⟨

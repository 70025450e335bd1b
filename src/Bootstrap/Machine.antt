-- ===== src/Bootstrap/Machine.antt =====
-- What the bootstrap service runs on. `Env` holds what is not in the package: the dependencies, the
-- clock, the context, the hooks, the file system's failures, `encoding/json` and SHA-256, over a state
-- of the world of their own; an error that they return is a number. `Sys` adds the journal's file and
-- a trace, which the code does not have: the actions called, each with the file as it was then.
pub mod Triple
use sovereignite.Base.{Bytes, ℕ, Option, none, some, List, [], ◌∷◌}
use sovereignite.Bootstrap.Step.{Step}
use sovereignite.Bootstrap.Error.{Error, foreign, Result, ok, err}
use sovereignite.Bootstrap.Config.{Digests}
use sovereignite.Bootstrap.Journal.{Journal, Observation}
use sovereignite.Bootstrap.Request.{Action, Check}

-- The calls of the file system that may fail, in the order in which `Load` and `Save` make them.
pub data FilePoint : Type 0 where
  ensure_private_directory acquire_lock inspect_file open_file stat_opened : FilePoint
  create_temporary set_permissions write_temporary sync_temporary close_temporary : FilePoint
  rename_temporary open_directory sync_directory close_directory : FilePoint

pub record Env : Type 1 where
  pub World : Type 0
  pub context_err : World → Option ℕ × World
  pub clock_now : World → ℕ × World
  pub generate_id : World → Option Bytes × World
  pub after_intent : Step → World → Option ℕ × World
  pub after_action : Step → World → Option ℕ × World
  pub after_commit : Step → World → Option ℕ × World
  pub call : Action → World → Option Observation × World
  pub inspect : Check → World → Option ℕ × World
  pub publish : World → Option ℕ × World
  pub verify_published : World → Option ℕ × World
  pub file_fault : FilePoint → World → Option ℕ × World
  pub marshal_journal : Journal → Option Bytes
  pub decode_journal : Bytes → Option Journal
  pub digests : Digests

pub record Event : Type 0 where
  pub action : Action
  pub file : Option Bytes

pub record Sys (W : Type 0) : Type 0 where
  pub world : W
  pub file : Option Bytes
  pub trace : List Event

-- A step of the service: what was done before an error stays done.
abbrev pub M : Type 0 → Type 0 → Type 0
M W A = Sys W → Result A × Sys W

module _ {W A : Type 0} where
  unfoldable pub pure : A → M W A
  pure a s = (ok a, s)

  unfoldable pub raise : Error → M W A
  raise e s = (err e, s)

  unfoldable pub lift : Result A → M W A
  lift r s = (r, s)

  -- A call of the environment that returns a value.
  unfoldable pub ask_value : (W → A × W) → M W A
  ask_value f s = let (a, w) = f s.world in (ok a, record s { world = w })

abbrev pub outcome : Option ℕ → Result (Unit {0})
outcome none = ok tt
outcome (some n) = err (foreign n)

abbrev pub verdict : Option Error → Result (Unit {0})
verdict none = ok tt
verdict (some e) = err e

module _ {W : Type 0} where
  -- A validator's error ends the run.
  unfoldable pub check : Option Error → M W (Unit {0})
  check r s = (verdict r, s)

  -- A call of the environment that returns an error or nil.
  unfoldable pub ask : (W → Option ℕ × W) → M W (Unit {0})
  ask f s = let (r, w) = f s.world in (outcome r, record s { world = w })

module _ {W A B : Type 0} where
  abbrev pub continue : Result A → (A → M W B) → M W B
  continue (ok a) f s = f a s
  continue (err e) f s = (err e, s)

  infixl 10 ◌>>=◌ ◌>>◌
  unfoldable pub ◌>>=◌ : M W A → (A → M W B) → M W B
  ◌>>=◌ m f s = let (r, s') = m s in continue r f s'

  abbrev pub ◌>>◌ : M W A → M W B → M W B
  m >> n = m >>= λ _. n

  -- Runs the first; on an error the handler takes over.
  abbrev pub handled : Result A → (A → M W B) → (Error → M W B) → M W B
  handled (ok a) f g s = f a s
  handled (err e) f g s = g e s

  -- `if a, err := m(); err != nil { g(err) }`, and then `f(a)`.
  unfoldable pub catch : M W A → (A → M W B) → (Error → M W B) → M W B
  catch m f g s = let (r, s') = m s in handled r f g s'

⟩

> Required action: Every line in the entries above that mentions the word "sovereignite" must be shown.

> Reply to the exercise:
use sovereignite.Base.{Bytes, ℕ, Option, none, some, List, [], ◌∷◌}
use sovereignite.Bootstrap.Step.{Step}
use sovereignite.Bootstrap.Error.{Error, foreign, Result, ok, err}
use sovereignite.Bootstrap.Config.{Digests}
use sovereignite.Bootstrap.Journal.{Journal, Observation}
use sovereignite.Bootstrap.Request.{Action, Check}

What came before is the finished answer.